Es steht auch ganz deutlich drin, dass die Busverbindung nach Wipperfürth, das ja zum Oberbergischen Kreis gehört, verbessert werden soll. Das ist ein großer Wunsch vieler Halveraner, weil Kinder dort zur Schule gehen oder Freunde treffen wollen.

Da aber der Oberbergische Kreis keine eigene Stellungnahme zum Nahverkehrsplan des Märkischen Kreises abgegeben hat, wird es schwierig, überhaupt eine Lösung zur Verbesserung des kreisgrenzenüberschreitenden Verkehrs zu finden. Das heißt, da müssen die Stadt und die MVG mit dem Oberbergischen Kreis in Kontakt treten, um zu sehen, was da möglich ist.

Ja, die Frage der Finanzierung ist das Wichtigste. Wir müssen sagen, wahrscheinlich lassen sich nicht alle Verbesserungen des Nahverkehrs finanzieren, aber man muss dann Prioritäten setzen.

Was wären die Prioritäten?

Da müsste man die Daten prüfen, um zu sehen, ob wir tatsächlich eine Verbindung nach Remscheid brauchen, weil viele dorthin zur Arbeit oder zum Einkaufen wollen. Oder ist doch die Linie nach Wipperfürth wichtiger. Solche Entscheidungen kann man aber nicht aus dem Bauch heraus treffen.

Aber das entspricht auch meiner Herangehensweise. Ich würde erst mal die Zahlen prüfen und dann fakten- und wissensbasiert eine Aussage treffen. 

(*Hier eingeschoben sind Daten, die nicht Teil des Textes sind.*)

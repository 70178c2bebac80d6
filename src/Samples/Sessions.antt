-- ===== src/Samples/Sessions.antt =====
-- A session with a result that is open when a commit is announced.
use reldex.Base.{ℕ, ◌<◌, ◌≡◌, refl, true, false, Option, none, some}
use reldex.Driver.Error.{ok}
use reldex.Store.Inputs.{ExecuteOutcome, StatementKind}
use reldex.Events.Event.{SessionEvent, CompletedOperation}
use reldex.Store.Session.{SessionResults, Observed, new_results, open_store, end_submitted, observe}
use reldex.Store.Waiting.{IsWaiting}
use reldex.Store.Held.{SessionStep, SessionReach, start, after, NoneFetch, SessionReach-NoneFetch}
use reldex.Samples.Results.{own, rows_result, flag_column, three_rows}

abbrev queried : ExecuteOutcome
queried = record {
  result = some rows_result;
  columns = flag_column;
  statement_kind = StatementKind.query;
  committed_implicitly = false;
}

-- The commit is announced first, so the store is opened with an answer to wait for.
abbrev committing : SessionResults
unfolding open_store end_submitted
committing = (open_store (end_submitted (new_results own)) queried three_rows).0

committing-SessionReach : SessionReach (new_results own) committing
unfolding committing
committing-SessionReach =
    after (after start (SessionStep.announced {r = new_results own}))
      (SessionStep.opened {r = end_submitted (new_results own)} queried three_rows)

SessionReach-NoneFetch_example :
    IsWaiting committing × (0 < committing.transaction_ends_pending → NoneFetch committing.stores)
SessionReach-NoneFetch_example = SessionReach-NoneFetch own committing committing-SessionReach

abbrev pending_after : Option (SessionResults × Observed) → Option ℕ
pending_after none = none
pending_after (some (r, seen)) = some r.transaction_ends_pending

-- The answer to it lets the store go on.
answered :
    pending_after
      (observe true committing (SessionEvent.completed own CompletedOperation.commit (ok tt)))
    ≡ some 0
unfolding committing observe open_store end_submitted
answered = refl
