-- ===== src/SqlText/Splitter/Span.antt =====
-- crates/sql-text/src/splitter.rs: statements, the outcome of one scan, and the kinds of tokens.
use reldex.Base.{ℕ, suc, Bool, true, false, ◌&&◌, List, [], ◌∷◌, drop, any, ◌==◌}
use reldex.Text.{Text, len_utf8, slice}
use reldex.SqlText.Dialect.{SqlDialect}
use reldex.SqlText.Token.{
  TokenKind, Token, len, whitespace, keyword, identifier, comment, operator, directive,
}

pub data StatementKind : Type 0 where
  plain block : StatementKind

pub data EndedBy : Type 0 where
  terminator slash_line inferred_block_end end_of_input : EndedBy

pub record StatementSpan : Type 0 where
  pub content_start : ℕ
  pub content_end : ℕ
  pub full_end : ℕ
  pub start_line : ℕ
  pub start_column : ℕ
  pub kind : StatementKind
  pub ended_by : EndedBy
  pub terminated : Bool

unfoldable pub content : StatementSpan → Text → Text
content s text = slice text s.content_start s.content_end

unfoldable pub full : StatementSpan → Text → Text
full s text = slice text s.content_start s.full_end

pub record ScanOutcome : Type 0 where
  pub content_end : ℕ
  pub full_end : ℕ
  pub terminated : Bool
  pub ended_by : EndedBy
  pub next_i : ℕ
  pub kind : StatementKind

abbrev pub is_word : TokenKind → Bool
is_word keyword = true
is_word identifier = true
is_word _ = false

abbrev pub is_trivial : TokenKind → Bool
is_trivial whitespace = true
is_trivial comment = true
is_trivial _ = false

abbrev pub is_trivial_or_directive : TokenKind → Bool
is_trivial_or_directive whitespace = true
is_trivial_or_directive comment = true
is_trivial_or_directive directive = true
is_trivial_or_directive _ = false

-- `token.kind == TokenKind::Operator`.
abbrev pub is_operator : TokenKind → Bool
is_operator operator = true
is_operator _ = false

-- `&text[token.start..token.end]`.
abbrev pub token_text : Text → Token → Text
token_text text t = slice text t.start t.end

-- The tokens from index `i` on are `rest`.
abbrev pub skip_trivial_from : ℕ → List Token → ℕ
skip_trivial_from i [] = i
skip_trivial_from i (t ∷ rest) = elim (is_trivial t.kind) [
  | true ↦ skip_trivial_from (suc i) rest
  | false ↦ i
]

unfoldable pub skip_trivial : List Token → ℕ → ℕ
skip_trivial tokens i = skip_trivial_from i (drop i tokens)

-- The first character is the whole token, and a terminator of the dialect.
abbrev pub is_terminator_text : SqlDialect → ℕ → Text → Bool
is_terminator_text d size [] = false
is_terminator_text d size (c ∷ _) = size == len_utf8 c && any (λ t. t == c) d.statement_terminators

unfoldable pub is_terminator : SqlDialect → Text → Token → Bool
unfolding len
is_terminator d text token =
    is_operator token.kind && is_terminator_text d (len token) (token_text text token)
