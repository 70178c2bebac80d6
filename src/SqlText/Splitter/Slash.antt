-- ===== src/SqlText/Splitter/Slash.antt =====
-- crates/sql-text/src/splitter.rs: lone `/` lines and the outcomes of scans.
use reldex.Base.{
  ℕ, suc, ◌+◌, max, Bool, true, false, not, ◌&&◌, Option, none, some, List, [], ◌∷◌, length, drop,
  any, ◌==◌, if◌then◌else◌,
}
use reldex.Text.{
  Text, byte_len, len_utf8, drop_bytes, take_bytes, slice, text_eq, is_whitespace, trim_end, codes,
}
use reldex.SqlText.Dialect.{SqlDialect}
use reldex.SqlText.Token.{Token}
use reldex.SqlText.Splitter.Span.{
  StatementKind, slash_line, inferred_block_end, end_of_input, ScanOutcome, is_trivial_or_directive,
  is_operator, token_text,
}

-- `str::find('\n')` and `str::rfind('\n')`, in bytes.
unfoldable pub find_newline : Text → Option ℕ
find_newline [] = none
find_newline (c ∷ t) =
    if c == b'\n'
    then some 0
    else elim (find_newline t) [ none ↦ none | some p ↦ some (len_utf8 c + p) ]

unfoldable pub rfind_newline : Text → Option ℕ
rfind_newline [] = none
rfind_newline (c ∷ t) = elim (rfind_newline t) [
  | none ↦ if c == b'\n' then some 0 else none
  | some p ↦ some (len_utf8 c + p)
]

-- `trim().is_empty()`.
abbrev pub is_blank : Text → Bool
is_blank t = not (any (λ c. not (is_whitespace c)) t)

abbrev pub last_end : ℕ → List Token → ℕ
last_end default [] = default
last_end default (t ∷ ts) = last_end t.end ts

unfoldable pub ran_to_eof : List Token → Text → StatementKind → ScanOutcome
ran_to_eof tokens text kind =
    let end = last_end (byte_len text) tokens in
    record {
      content_end = end;
      full_end = end;
      terminated = false;
      ended_by = end_of_input;
      next_i = length tokens;
      kind = kind;
    }

-- The offsets of the line that holds a token.
abbrev pub line_start : Text → Token → ℕ
line_start text t = elim (rfind_newline (take_bytes t.start text)) [ none ↦ 0 | some p ↦ p + 1 ]

abbrev pub line_end : Text → Token → ℕ
line_end text t = elim (find_newline (drop_bytes t.end text)) [
  | none ↦ byte_len text
  | some p ↦ t.end + p
]

unfoldable pub is_lone_slash_line : Text → Token → Bool
unfolding find_newline rfind_newline
is_lone_slash_line text t =
    text_eq (token_text text t) (codes "/")
    && is_blank (slice text (line_start text t) t.start)
    && is_blank (slice text t.end (line_end text t))

unfoldable pub trailing_line_end : Text → ℕ → ℕ
unfolding find_newline
trailing_line_end text from = elim (find_newline (drop_bytes from text)) [
  | none ↦ byte_len text
  | some p ↦ from + p + 1
]

unfoldable pub end_at_slash_line : Text → Token → StatementKind → ℕ → ℕ → ScanOutcome
unfolding trim_end trailing_line_end
end_at_slash_line text slash_token kind next_i content_start = record {
  content_end = max (byte_len (trim_end (take_bytes slash_token.start text))) content_start;
  full_end = trailing_line_end text slash_token.end;
  terminated = true;
  ended_by = slash_line;
  next_i = next_i;
  kind = kind;
}

-- A lone `/` line, with its index, behind trivia and directives only.
unfoldable pub slash_after : Text → ℕ → List Token → Option (ℕ × Token)
unfolding is_lone_slash_line
slash_after text k [] = none
slash_after text k (t ∷ rest) =
    let later = slash_after text (suc k) rest in
    if is_trivial_or_directive t.kind
    then later
    else if is_operator t.kind && is_lone_slash_line text t
    then some (k, t)
    else none

-- An inferred end, moved to the lone `/` line behind it.
unfoldable pub end_after_slash : Text → ScanOutcome → Option (ℕ × Token) → ScanOutcome
unfolding trailing_line_end
end_after_slash text inferred none = inferred
end_after_slash text inferred (some (k, t)) = record inferred {
  full_end = trailing_line_end text t.end;
  terminated = true;
  ended_by = slash_line;
  next_i = k + 1;
}

unfoldable pub finish_with_maybe_slash :
    SqlDialect → List Token → Text → ℕ → ℕ → ℕ → StatementKind → ScanOutcome
unfolding slash_after end_after_slash
finish_with_maybe_slash d tokens text content_end semi_end next_i kind =
    let inferred : ScanOutcome = record {
      content_end = content_end;
      full_end = semi_end;
      terminated = d.block_may_end_without_slash;
      ended_by = inferred_block_end;
      next_i = next_i;
      kind = kind;
    } in
    if d.slash_terminates_block
    then end_after_slash text inferred (slash_after text next_i (drop next_i tokens))
    else inferred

Leere Ladenlokale im Ortskern. Wie könnten die Stadt und Sie als Bürgermeisterin Halver wieder attraktiver für Einzelhändler machen.

Ich glaube - auch wenn nicht alle Halveraner das gerne hören - dass eine Verkehrsberuhigung in der Innenstadt dazu beitragen würde, dass sich mehr Menschen dort aufhalten. Und zwar nicht nur, weil sie da durchmüssen, sondern weil sie dann in kleine Cafés gehen, weil dort Tische und Stühle draußen stehen, wo man gut sitzen kann.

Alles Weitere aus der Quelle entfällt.